MATERIAL PROVIDED:
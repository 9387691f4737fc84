-- ===== src/Session/Waiters/Tests.antt =====
-- Two streams that wait, one answer that comes twice, and a warm-up with one usable candidate.
use outrelay_agent.Base.{
  ℕ, ◌≡◌, refl, true, false, Option, none, some, List, [], ◌∷◌, ◌+◌, map, Text, Bool, nat_eq,
}
use outrelay_agent.Base.Map.{lookup, insert}
use outrelay_agent.Netip.{Addr, v4}
use outrelay_agent.Orp.{
  Frame, PbCandidate, CandidateList, offer_frame, stream_ready_frame, malformed, candidate_offer,
  checkpoint_frame,
}
use outrelay_agent.Session.Waiters.{
  P2pState, Notice, initial, enable_p2p, register_answer_waiter, deliver_answer, entries,
  register_stream_mode_waiter, wait_for_stream_mode,
}
use outrelay_agent.Session.Waiters.Modes.{
  ModeOp, registers, cancels, delivers, mode_steps, deliver_all, first_notice, GotMode,
  first_notice_wins,
}
use outrelay_agent.Session.Waiters.Reader.{warmup_punch, Control, control_reader}
use outrelay_agent.Session.Waiters.Reader.Offers.{
  offers, offer_of, written, reply, control_reader_replies,
}
use outrelay_agent.Session.Waiters.Reader.Replies.{
  deliver_answer_once, enable_times, enable_p2p_once, Punches, warmup_punch-Punches,
}

abbrev answer : CandidateList
answer = record { stream_id = 5; candidates = [] }

registered : P2pState × ℕ
unfolding enable_p2p initial register_answer_waiter
registered =
    (record (enable_p2p initial) { pending_answers = some ((5, 0) ∷ []); next_chan = 1 }, 0)

applied_deliver_answer_once :
    (lookup 0 (deliver_answer registered.0 answer).answers ≡ some answer)
    × (deliver_answer (deliver_answer registered.0 answer) answer
        ≡ deliver_answer registered.0 answer)
applied_deliver_answer_once =
    deliver_answer_once (enable_p2p initial) registered.0 [] answer answer 0
      (unfold enable_p2p initial entries in refl) (unfold enable_p2p initial lookup in refl)
      (unfold register_answer_waiter registered enable_p2p initial insert in refl) refl

applied_enable_p2p_once : (enable_times 3 initial).readers ≡ 1
applied_enable_p2p_once = enable_p2p_once 2

abbrev history : List ModeOp
history = registers 4 ∷ delivers 4 none ∷ cancels 4 ∷ registers 6 ∷ []

abbrev deliveries : List (ℕ × Notice)
deliveries = (6, none) ∷ (4, none) ∷ (4, none) ∷ []

first_notice_wins_example : GotMode 4 (first_notice none 4 deliveries) (
    wait_for_stream_mode
      (deliver_all (register_stream_mode_waiter (mode_steps initial history) 4).0 deliveries)
      4
      false
      true)
first_notice_wins_example = first_notice_wins history 4 deliveries true

any_address : Text → Option Addr
any_address t = some (v4 0x7f000001)

abbrev offered : List (Option PbCandidate)
offered =
    none
    ∷ some (record { ip = 49 ∷ []; port = 0; kind = []; priority = 0 })
    ∷ some (record { ip = 49 ∷ []; port = 443; kind = []; priority = 0 })
    ∷ []

applied_warmup_punch-Punches : Punches any_address offered (warmup_punch any_address true offered)
applied_warmup_punch-Punches = warmup_punch-Punches any_address offered

abbrev control : Control ℕ
control = record {
  p2p = record initial {
    local_candidates = record { kind = []; ip = 50 ∷ []; port = 9; priority = 1 } ∷ [];
  };
  streams = (5, 100) ∷ [];
  shared = true;
}

abbrev frames : List (Frame × Bool)
frames =
    (offer_frame answer, false)
    ∷ (stream_ready_frame 5, false)
    ∷ (malformed candidate_offer, false)
    ∷ (checkpoint_frame (record { stream_id = 5; my_position = 7; peer_ack_position = 3 }), false)
    ∷ (offer_frame (record { stream_id = 8; candidates = [] }), false)
    ∷ []

two_offers : offers frames ≡ answer ∷ record { stream_id = 8; candidates = [] } ∷ []
unfolding offers offer_of
two_offers = refl

control_reader_replies_example :
    written (control_reader any_address (λ (s : ℕ) n. s + n) control frames).1
    ≡ map (reply control.p2p.local_candidates) (offers frames)
control_reader_replies_example =
    control_reader_replies any_address (λ (s : ℕ) n. s + n) control frames
      (refl, (refl, (refl, (refl, (refl, tt)))))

TO DO: Go to the line with "first_notice_wins_example : GotMode" in the entries above and repeat every line from there through the line with "any_address : Text → Option Addr", exactly and with no other text.

SOLUTION FOR THIS EXERCISE:
first_notice_wins_example : GotMode 4 (first_notice none 4 deliveries) (
    wait_for_stream_mode
      (deliver_all (register_stream_mode_waiter (mode_steps initial history) 4).0 deliveries)
      4
      false
      true)
first_notice_wins_example = first_notice_wins history 4 deliveries true

any_address : Text → Option Addr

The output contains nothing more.